Your answer is the lines below, exactly, from the one that contains "-- What a transaction" through the one that contains "unfolding stake_citizen", both included.

- **Input**
--- START ---

-- ===== src/Chain/Execution/Actions.antt =====
-- core.go, citizen.go and governance.go: no action of a transaction changes a nonce.
use synthos_collective.Prelude.{
  ℕ, ◌+◌, ◌-◌, Bool, ◌≡◌, refl, sym, ◌∙◌, inl, inr, get_or, arith, ltb, nat_eq, string_eq, eq_iff,
  String, Option-cases, if◌then◌else◌, ◌==◌,
}
use synthos_collective.Dict.{Dict, lookup, insert, lookup-insert, lookup-insert_self}
use synthos_collective.Chain.Types.{
  Address, Account, State, Tx, account_of, zero_account, metadata_value,
}
use synthos_collective.Words.{add64, sub64}
use synthos_collective.Chain.Monad.{Result, ok, err, Result-cases}
use synthos_collective.Chain.Ledger.{
  citizen_action, claim_from, propose_from, execute_from, required_upfront,
  apply_citizen_governance_tx, charge_fee,
}
use synthos_collective.Chain.Staking.Evidence.{parse_metadata_uint}
use synthos_collective.Chain.Citizen.{
  stake_citizen, unstake_citizen, claim_citizen_rewards, pay_reward, pending_citizen_rewards,
}
use synthos_collective.Chain.Governance.{
  create_governance_proposal, vote_governance, execute_governance_proposal, pay_out, total_stake,
}

abbrev pub nonce_of : Address → State → ℕ
nonce_of a s = (account_of a s).nonce

-- What a transaction did to a nonce: one more for its sender where it succeeded.
abbrev pub CountsNonce : Address → Tx → State → Result (Unit {0}) × State → Type 0
CountsNonce a tx s (ok _, s') =
    nonce_of a s' ≡ (if tx.from == a then add64 (nonce_of a s) 1 else nonce_of a s)
CountsNonce a tx s (err _, s') = nonce_of a s' ≡ nonce_of a s

-- A write that keeps the nonce of the account it writes.
pub write-nonce :
    (a b : Address) (acc : Account) (m : Dict Address Account)
    → acc.nonce ≡ (get_or (lookup b m) zero_account).nonce
    → (get_or (lookup a (insert b acc m)) zero_account).nonce
      ≡ (get_or (lookup a m) zero_account).nonce
write-nonce a b acc m same =
    let found = lookup-insert b a acc m in let e = eq_iff b a in ground arith

module _ (a : Address) where
  stake-nonce :
      (addr : Address) (amount now : ℕ) (s : State)
      → nonce_of a (stake_citizen addr amount now s).1 ≡ nonce_of a s
  unfolding stake_citizen
  stake-nonce addr amount now s = elim (Option-cases (lookup addr s.accounts)) [
    | inl missing ↦ ground arith
    | inr (acc, found) ↦
        let debited = record acc { balance = acc.balance - amount } in
        let restored = record acc { balance = acc.balance - amount + amount } in
        let kept = write-nonce a addr debited s.accounts in
        let back = write-nonce a addr restored (insert addr debited s.accounts) in
        let read = lookup-insert_self addr debited s.accounts in ground (arith, found)
  ]

  unstake-nonce :
      (addr : Address) (amount : ℕ) (s : State)
      → nonce_of a (unstake_citizen addr amount s).1 ≡ nonce_of a s
  unfolding unstake_citizen
  unstake-nonce addr amount s =
      let acc = account_of addr s in
      let kept =
        write-nonce a addr (record acc { balance = acc.balance + amount }) s.accounts refl in
      ground arith

  pay_out-nonce :
      (t r : Address) (amount : ℕ) (m : Dict Address Account)
      → (get_or (lookup a (pay_out t r amount m)) zero_account).nonce
        ≡ (get_or (lookup a m) zero_account).nonce
  unfolding pay_out
  pay_out-nonce t r amount m =
      let treasury = get_or (lookup t m) zero_account in
      let receiver = get_or (lookup r m) zero_account in
      let paid = record treasury { balance = treasury.balance - amount } in
      write-nonce a r (record receiver { balance = receiver.balance + amount }) (insert t paid m)
        (sym (write-nonce r t paid m refl))
      ∙ write-nonce a t paid m refl

  execute-nonce :
      (id : String) (total : ℕ) (s : State)
      → nonce_of a (execute_governance_proposal id total s).1 ≡ nonce_of a s
  unfolding execute_governance_proposal
  execute-nonce id total s = elim (Option-cases (lookup id s.governance_proposals)) [
    | inl missing ↦ ground (arith, missing)
    | inr (p, found) ↦
        let kept = pay_out-nonce s.treasury_address p.recipient p.amount s.accounts in
        ground (arith, found, kept)
  ]

  pay_reward-nonce :
      (addr : Address) (now : ℕ) (t : Address) (rate pending payout : ℕ) (s : State)
      → nonce_of a (pay_reward addr now t rate pending payout s).1 ≡ nonce_of a s
  unfolding pay_reward
  pay_reward-nonce addr now t rate pending payout s =
      let treasury = account_of t s in
      let debited = record treasury { balance = treasury.balance - payout } in
      let restored = record treasury { balance = treasury.balance - payout + payout } in
      let paid = insert t debited s.accounts in
      let acc = get_or (lookup addr paid) zero_account in
      let a1 = write-nonce a t debited s.accounts refl in
      let a2 = write-nonce a addr (record acc { balance = acc.balance + payout }) paid refl in
      let a3 = write-nonce a t restored paid (sym (write-nonce t t debited s.accounts refl)) in
      ground arith

  claim-nonce :
      (addr : Address) (now : ℕ) (s : State)
      → nonce_of a (claim_citizen_rewards addr now s).1 ≡ nonce_of a s
  unfolding claim_citizen_rewards
  claim-nonce addr now s =
      let pending = pending_citizen_rewards addr now s in
      let treasury = (account_of s.treasury_address s).balance in
      let payout = (if ltb treasury pending then treasury else pending) in
      let kept =
        pay_reward-nonce addr now s.treasury_address s.citizen_reward_rate_bps_per_year pending
          payout s in
      ground arith

  create-nonce :
      (caller : Address) (id description : String) (amount : ℕ) (recipient : Address) (s : State)
      → nonce_of a (create_governance_proposal caller id description amount recipient s).1
        ≡ nonce_of a s
  unfolding create_governance_proposal
  create-nonce caller id description amount recipient s = ground arith

  vote-nonce :
      (voter : Address) (id : String) (in_favor : Bool) (s : State)
      → nonce_of a (vote_governance voter id in_favor s).1 ≡ nonce_of a s
  unfolding vote_governance
  vote-nonce voter id in_favor s = elim (Option-cases (lookup id s.governance_proposals)) [
    | inl missing ↦ ground (arith, missing)
    | inr (p, found) ↦ ground (arith, found)
  ]

  citizen_action-nonce :
      (tx : Tx) (tx_type : String) (s : State)
      → nonce_of a (citizen_action tx tx_type s).1 ≡ nonce_of a s
  unfolding citizen_action claim_from propose_from execute_from
  citizen_action-nonce tx tx_type s =
      let read = metadata_value tx.metadata in
      let c1 = stake-nonce tx.from tx.amount tx.timestamp s in
      let c2 = unstake-nonce tx.from tx.amount s in
      let c3 = claim-nonce tx.from tx.timestamp s in
      let c5 = vote-nonce tx.from (read "proposal_id") (read "in_favor" == "true") s in
      let c6 = execute-nonce (read "proposal_id") (total_stake s) s in
      elim (Option-cases (parse_metadata_uint tx.metadata "amount")) [
        | inl bad ↦ ground (arith, bad)
        | inr (amount, parsed) ↦
            let c4 =
              create-nonce tx.from (read "id") (read "description") amount (read "recipient") s in
            ground (arith, parsed)
      ]

-- A write that counts the nonce of the account it writes.
pub count-nonce :
    (a b : Address) (acc : Account) (m : Dict Address Account)
    → acc.nonce ≡ add64 (get_or (lookup b m) zero_account).nonce 1
    → (get_or (lookup a (insert b acc m)) zero_account).nonce ≡ (
        if b == a
        then add64 (get_or (lookup a m) zero_account).nonce 1
        else (get_or (lookup a m) zero_account).nonce)
count-nonce a b acc m same =
    let found = lookup-insert b a acc m in let e = eq_iff b a in ground arith

-- A citizen or governance transaction moves only its sender's nonce, and only where it succeeds.
pub citizen_tx-nonce :
    (a : Address) (tx : Tx) (tx_type : String) (s : State)
    → CountsNonce a tx s (apply_citizen_governance_tx tx tx_type s)
unfolding apply_citizen_governance_tx charge_fee
citizen_tx-nonce a tx tx_type s =
    let acted = (citizen_action tx tx_type s).1 in
    let settled = account_of tx.from acted in
    let kept = citizen_action-nonce a tx tx_type s in
    let charged =
      count-nonce a tx.from
        (record settled { balance = sub64 settled.balance tx.fee; nonce = add64 settled.nonce 1 })
        acted.accounts refl in
    elim (Result-cases (required_upfront tx tx_type)) [
      | inl (e, bad) ↦ ground (arith, bad)
      | inr (upfront, cost) ↦ elim (Result-cases (citizen_action tx tx_type s).0) [
        | inl (e, bad) ↦ ground (arith, cost, bad)
        | inr (u, fine) ↦ ground (arith, cost, fine)
      ]
    ]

--- END ---

- **Solution to this exercise**
-- What a transaction did to a nonce: one more for its sender where it succeeded.
abbrev pub CountsNonce : Address → Tx → State → Result (Unit {0}) × State → Type 0
CountsNonce a tx s (ok _, s') =
    nonce_of a s' ≡ (if tx.from == a then add64 (nonce_of a s) 1 else nonce_of a s)
CountsNonce a tx s (err _, s') = nonce_of a s' ≡ nonce_of a s

-- A write that keeps the nonce of the account it writes.
pub write-nonce :
    (a b : Address) (acc : Account) (m : Dict Address Account)
    → acc.nonce ≡ (get_or (lookup b m) zero_account).nonce
    → (get_or (lookup a (insert b acc m)) zero_account).nonce
      ≡ (get_or (lookup a m) zero_account).nonce
write-nonce a b acc m same =
    let found = lookup-insert b a acc m in let e = eq_iff b a in ground arith

module _ (a : Address) where
  stake-nonce :
      (addr : Address) (amount now : ℕ) (s : State)
      → nonce_of a (stake_citizen addr amount now s).1 ≡ nonce_of a s
  unfolding stake_citizen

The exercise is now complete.